I rarely write about technical problems of SEO in my blog, but over time, customers often have questions about what is better to use: 301 or 302 redirect or canonical tag on duplicate content. I think it is worth taking the opportunity to tell you more about each of these methods, to highlight the pros and cons of each of them, and also to give examples of when to use them.
Canonical tags
Canonical tags, as you probably know, if you are an SEO professional, these are the meta tags placed in the <head> section of your page, which indicates the original source of information placed on the page. It looks like this:
<link rel = ”canonical” href = ”http://www.itvolga.com/rental-community/9000058375/AVA-55-Ninth-55-9th-St-San-Francisco-CA-94103/” />
The Canonical tag was introduced back in 2009, and in one of the posts on the MOZ portal this issue was studied in detail. Then he was called "the most important stage in the field of seo-promotion since the creation of the site map." Of course, it was five years ago, but even in the latest Mozscape update, only 18.02% of URLs have a canonical tag (sometimes they even link to each other).
Advantages of using the Canonical tag
The Canonical tag can be useful if you want to tell the search engine that content on your site or on another site may be a duplicate. As far as SEO professionals know, duplicate content can destroy your organic traffic, especially on a long-term basis. In a small amount it can be used to work with duplicate content on the site. It will also be useful for use on other sites that index your content, to tell the search engine where the original content is located, which should be marked as existing. Canonical content will not always work if you want to remove pages from the index or optimize site scans by search engines. However, this can be very useful if you have several types of pages for users or you use page breaks, but still want the search engines to index the full, one-page, long version of the article for ranking purposes.
Disadvantages of using the Canonical tag
First, despite the fact that most search engines state that they take into account the rel = "canonical" attribute, in fact they are not obliged to follow this recommendation. This explains the situation when in the search you can see a copy of the page above the priority.
The second error is the use of the rel = "canonical" attribute for pages with a small percentage of similar content. If the pages do not have a significant amount of identical information, Canonical does not need to use them.

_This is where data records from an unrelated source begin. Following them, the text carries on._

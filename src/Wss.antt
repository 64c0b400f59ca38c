-- ===== src/Wss.antt =====
-- transport_wss.go: the state of a WebSocket transport, and the sections of its code that hold its
-- lock. Connects, readers and writers of several attempts run at once; each section is a function
-- of the state and of what its goroutine brings, its generation first.
--
-- A socket, a handshake or a session stands for a pointer: the attempt that made it, and a number.
-- Times are nanoseconds, 0 the zero time. An error is the list of its sentinels.
pub mod Reader
pub mod Writer
pub mod Moves
pub mod Attempts
pub mod Stale
pub mod Sends
mod Tests
use text.Mathlib.Text.{◌==◌ as str_eq}
use thalovant_go_sdk.Prelude.{
  ℕ, ◌+◌, ◌-◌, ◌*◌, ◌%◌, ◌^◌, Bool, true, false, not, ◌&&◌, ◌||◌, Option, none, some, String, ltb,
  leb, ◌==◌, is_some, if◌then◌else◌,
}
use thalovant_go_sdk.Errors.{Err, err_hub_refused, is}
use thalovant_go_sdk.Telemetry.{
  ConnectionTelemetry, no_telemetry, begin, mark_open, complete, fail, close,
}

pub record Made : Type 0 where
  pub attempt : ℕ
  pub id : ℕ

pub data NoisePattern : Type 0 where
  kk xx : NoisePattern

-- `handshake_ready` and `read_done` say whether the channel is left to close, `attempt` whether a
-- connect is at work. The hello is kept by
-- its node id.
pub record WssTransport : Type 0 where
  pub conn : Option Made
  pub connected : Bool
  pub handshake : Bool
  pub last_error : Option Err
  pub closed_refused : Bool
  pub closed_key_rejected : Bool
  pub heard : Bool
  pub final_sent : Bool
  pub connection : ConnectionTelemetry
  pub handshake_at : ℕ
  pub pattern : Option NoisePattern
  pub force_xx : Bool
  pub handshake_ready : Bool
  pub read_done : Bool
  pub attempt : Bool
  pub generation : ℕ
  pub server_hello : Option String
  pub noise_handshake : Option Made
  pub session : Option Made
  pub node_id : String
  pub cached_psk : Option ℕ
  pub cached_psk_node_id : String
  pub cached_psk_password : String

abbrev pub new_wss_transport : WssTransport
new_wss_transport = record {
  conn = none;
  connected = false;
  handshake = false;
  last_error = none;
  closed_refused = false;
  closed_key_rejected = false;
  heard = false;
  final_sent = false;
  connection = no_telemetry;
  handshake_at = 0;
  pattern = none;
  force_xx = false;
  handshake_ready = true;
  read_done = true;
  attempt = false;
  generation = 0;
  server_hello = none;
  noise_handshake = none;
  session = none;
  node_id = "";
  cached_psk = none;
  cached_psk_node_id = "";
  cached_psk_password = "";
}

abbrev pub bump_generation : WssTransport → ℕ
bump_generation t = (t.generation + 1) % 2 ^ 64

abbrev pub same_made : Made → Made → Bool
same_made a b = a.attempt == b.attempt && a.id == b.id

abbrev pub holds : Option Made → Made → Bool
holds none c = false
holds (some a) c = same_made a c

-- `generationCurrentLocked`, for a reader's context.
unfoldable pub generation_current : ℕ → WssTransport → Bool
generation_current g t = g == t.generation && t.connected && is_some t.conn

unfoldable pub begin_connection : ℕ → WssTransport → WssTransport
begin_connection now t = record t {
  conn = none;
  generation = bump_generation t;
  last_error = none;
  closed_refused = false;
  closed_key_rejected = false;
  heard = false;
  final_sent = false;
  handshake_at = 0;
  pattern = none;
  connected = false;
  handshake = false;
  session = none;
  noise_handshake = none;
  server_hello = none;
  node_id = "";
  handshake_ready = true;
  read_done = true;
  connection = begin now t.connection;
}

-- `Connect`: up to the first attempt. A connect that finds the link up, or another at work, leaves
-- the state.
unfoldable pub enter : ℕ → WssTransport → WssTransport
enter now t =
    if t.connected && t.handshake && is_some t.conn
    then t
    else if t.attempt
    then t
    else begin_connection now (record t { attempt = true; force_xx = false })

abbrev pub is_kk : Option NoisePattern → Bool
is_kk (some kk) = true
is_kk _ = false

abbrev pub refused_by_hub : Option Err → Bool
refused_by_hub none = false
refused_by_hub (some e) = is e err_hub_refused

-- `Connect`: between the attempts. `done` says that its own context is.
unfoldable pub retry_xx : Option Err → Bool → ℕ → WssTransport → WssTransport
retry_xx e done now t =
    if is_kk t.pattern && refused_by_hub e && not done
    then begin_connection now (record t { force_xx = true })
    else t

unfoldable pub leave : WssTransport → WssTransport
leave t = record t { attempt = false }

-- `connectGeneration`: the socket of a dial.
unfoldable pub open_socket : ℕ → ℕ → Bool → ℕ → WssTransport → WssTransport
open_socket g id done now t = if not (t.generation == g) || done then t else record t {
  conn = some (record { attempt = g; id = id });
  connected = true;
  connection = mark_open now true t.connection;
}

-- `connectGeneration`: the handshake said that it is ready.
unfoldable pub confirm : ℕ → Made → Bool → ℕ → WssTransport → WssTransport
confirm g c done now t =
    if done
    then t
    else if not (t.generation == g) || not (holds t.conn c) || not t.connected || not t.handshake
    then t
    else record t { connection = complete now t.connection }

unfoldable pub disconnect : WssTransport → WssTransport
disconnect t = record t {
  generation = bump_generation t;
  conn = none;
  connected = false;
  handshake = false;
  session = none;
  noise_handshake = none;
  server_hello = none;
  node_id = "";
  connection = close t.connection;
}

abbrev pub captured : Option Made → Option Made → Bool
captured held none = true
captured held (some c) = holds held c

unfoldable pub poison_generation : ℕ → Option Made → Err → ℕ → WssTransport → WssTransport
poison_generation g c e now t =
    if t.generation == g && captured t.conn c
    then record t {
      connected = false;
      handshake = false;
      conn = none;
      session = none;
      noise_handshake = none;
      server_hello = none;
      node_id = "";
      last_error = some e;
      connection = fail now (some e) t.connection;
    }
    else t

Another mistake is setting up Canonical for pages with a large number of dependent pages. For example, you wrote a long post and broke it into five parts, each of which is on a separate page with its own URL. So you don’t need to refer to the first page in the publication series, otherwise you exclude the possibility of their appearance in search results, even if they are filled with relevant and useful content. In this case, for proper pagination, you need to use the attributes rel = "next" and rel = "prev".
301 redirect
The http status code 301 of the http protocol has always been considered standard to support final and permanent redirection from the page. Using this command, you get high authority of links for most source pages, as well as high relevance and ranking for the page that is redirected.
The 301th redirect informs both users and search engines that the original page is no longer available, and you can find the most suitable, updated information via another link.
301 redirect and possible problems
First, setting the http status code may not be possible if you do not have access to FTP or a server.
Another minus of the 301st redirect is that search engines may take considerable time to index the new page instead of the original one. The time depends on how often the search engine comes to your site and this original page. Therefore, you should not count on the instant success of the 301 redirect and use it in campaigns that require quick results.
Problems may also arise as a result of improperly configured 301 redirects. For example, when the webmaster creates a new site, and then redirects from all pages of the original site to the main page of the new one. As a result, traffic goes to irrelevant content, which provokes a lot of failures.
When to use 301 redirect
By default, this is the preferred method of forwarding;
For pages that have been permanently deleted or replaced;
For domains that have moved (after rebranding, etc.);
For pages with 404th error and remote content (it is assumed that the new content or page exists).
When to use the Canonical tag
If it is impossible to configure the 301th redirect, or its setting will take too much time;
If you want to keep both pages with duplicate content;
When the URL is dynamically changed for the same page (for example, using filtering functionality);
If you need to set up redirection within one site from pages like mysite.ru/page/index.php to the same page with address mysite.ru/page/;
If you want to keep identical content on two sites with different domains (relevant for desktop and mobile versions of the site).